Contents

LLM Extended Thinking: Engineering Practices for "Think Longer"

What Is Extended Thinking

Allows LLM to dynamically allocate more reasoning resources before answering.

# Normal reasoning
response = llm.generate(prompt)

# Extended Thinking
response = llm.generate(
    prompt,
    thinking_budget=8000  # allow up to 8000 tokens of thinking
)

Larger thinking budget = model can explore more reasoning paths.
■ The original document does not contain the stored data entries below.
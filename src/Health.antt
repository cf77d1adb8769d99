-- ===== src/Health.antt =====
-- internal/health/tracker.go: the last outcomes of each provider's calls, and their summary.
-- Times are nanoseconds since Go's zero time, which is 0 and before every outcome; latencies are
-- nanoseconds. Rates and averages are kept as the pair of numbers that the code divides.
pub mod Slots
pub mod Window
pub mod History
pub mod Summary
mod Tests
use Prim.Native.Nat.{pred}
use costguard.Base.{
  ℕ, zero, suc, ◌+◌, ◌-◌, ◌/◌, ◌%◌, String, Bool, true, false, List, [], ◌∷◌, Option, none, some,
  Dict, lookup, insert, length, get_or, set, replicate, ltb, ◌==◌, if◌then◌else◌, map,
}

pub record Outcome : Type 0 where
  pub success : Bool
  pub latency : ℕ
  pub timestamp : ℕ
  pub error_category : String

-- Go's zero value of `Outcome`.
abbrev pub blank : Outcome
blank = record { success = false; latency = 0; timestamp = 0; error_category = "" }

pub record Ring : Type 0 where
  pub buf : List Outcome
  pub head : ℕ
  pub size : ℕ

unfoldable pub new_ring : ℕ → Ring
new_ring window_size = record { buf = replicate window_size blank; head = 0; size = 0 }

unfoldable pub add : Ring → Outcome → Ring
add r o = record {
  buf = set r.buf r.head o;
  head = (r.head + 1) % length r.buf;
  size = if ltb r.size (length r.buf) then r.size + 1 else r.size;
}

-- The loop of `entries`: `n` outcomes from index `start + i` on, going round.
unfoldable pub read_from : List Outcome → ℕ → ℕ → ℕ → List Outcome
read_from buf start i zero = []
read_from buf start i (suc n) =
    get_or buf ((start + i) % length buf) blank ∷ read_from buf start (i + 1) n

unfoldable pub entries : Ring → List Outcome
entries r =
    if r.size == 0
    then []
    else read_from r.buf ((r.head + length r.buf - r.size) % length r.buf) 0 r.size

pub record Tracker : Type 0 where
  pub window_size : ℕ
  pub rings : Dict Ring

-- A negative window size is 0 here, and clamped alike.
unfoldable pub new : ℕ → Tracker
new window_size = record { window_size = if ltb window_size 1 then 1 else window_size; rings = [] }

-- The ring of a provider, a new one if it has none.
abbrev pub ring_or : ℕ → Option Ring → Ring
ring_or window_size none = new_ring window_size
ring_or window_size (some r) = r

unfoldable pub ring_of : Tracker → String → Ring
ring_of t provider = ring_or t.window_size (lookup provider t.rings)

-- `Record`
unfoldable pub record_outcome : Tracker → String → Outcome → Tracker
record_outcome t provider o = record t {
  rings = insert provider (add (ring_of t provider) o) t.rings;
}

-- The summary: `latency_sum / latency_count` is the average latency, `successes / total` the
-- success rate, and the code reports -1 for a quotient whose divisor is 0.
pub record Snapshot : Type 0 where
  pub provider : String
  pub total : ℕ
  pub successes : ℕ
  pub failures : ℕ
  pub latency_sum : ℕ
  pub latency_count : ℕ
  pub last_success : ℕ
  pub last_failure : ℕ
  pub last_error : String
  pub window_size : ℕ

abbrev pub empty_snapshot : String → ℕ → Snapshot
empty_snapshot provider window_size = record {
  provider = provider;
  total = 0;
  successes = 0;
  failures = 0;
  latency_sum = 0;
  latency_count = 0;
  last_success = 0;
  last_failure = 0;
  last_error = "";
  window_size = window_size;
}

-- One round of the loop of `buildSnapshot`; `Milliseconds` rounds down.
unfoldable pub tally : Snapshot → Outcome → Snapshot
tally s o =
    if o.success
    then record s {
      successes = s.successes + 1;
      latency_sum = s.latency_sum + o.latency / 1_000_000;
      latency_count = s.latency_count + 1;
      last_success = if ltb s.last_success o.timestamp then o.timestamp else s.last_success;
    }
    else record s {
      failures = s.failures + 1;
      last_failure = if ltb s.last_failure o.timestamp then o.timestamp else s.last_failure;
      last_error = if ltb s.last_failure o.timestamp then o.error_category else s.last_error;
    }

unfoldable pub tally_all : Snapshot → List Outcome → Snapshot
tally_all s [] = s
tally_all s (o ∷ os) = tally_all (tally s o) os

unfoldable pub build_snapshot : String → ℕ → List Outcome → Snapshot
unfolding tally_all
build_snapshot provider window_size entries =
    tally_all (record (empty_snapshot provider window_size) { total = length entries }) entries

unfoldable pub snapshot : Tracker → String → Snapshot
unfolding build_snapshot entries
snapshot t provider = elim (lookup provider t.rings) [
  | none ↦ empty_snapshot provider t.window_size
  | some r ↦ build_snapshot provider t.window_size (entries r)
]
What Scenarios Worth Enabling

Worth enabling:
  ✅ complex algorithm design
  ✅ multi-step reasoning tasks
  ✅ bug root cause analysis
  ✅ architecture design review
  ✅ math proofs

Not worth enabling:
  ❌ simple translation, formatting
  ❌ code completion
  ❌ quick Q&A
  ❌ real-time chat

Cost vs Quality Tradeoff

# larger thinking_budget = higher cost

| budget | for tasks | cost multiplier |
|---------|----------|----------------|
| 0 (off) | simple tasks | 1x |
| 1000 | medium complex | 1.5x |
| 4000 | complex reasoning | 2.5x |
| 8000 | extremely complex | 4x |

# Real test: thinking_budget 0 → 4000
# complex task accuracy: 45% → 72%
# simple task accuracy: almost no change (wasted money)

Dynamic Thinking Budget

# auto-select budget based on task complexity
def estimate_thinking_budget(task):
    complexity = llm.classify(task)  # simple/medium/hard
    
    if complexity == "simple":
        return 0
    elif complexity == "medium":
        return 1000
    else:  # hard
        return 4000

# Usage
response = llm.generate(
    prompt,
    thinking_budget=estimate_thinking_budget(task)
)

Conclusion

Extended Thinking is standard in 2026. Used right, complex task success rate improves 30-50%; used wrong, token costs double with no benefit.

First judge task complexity, then decide thinking budget.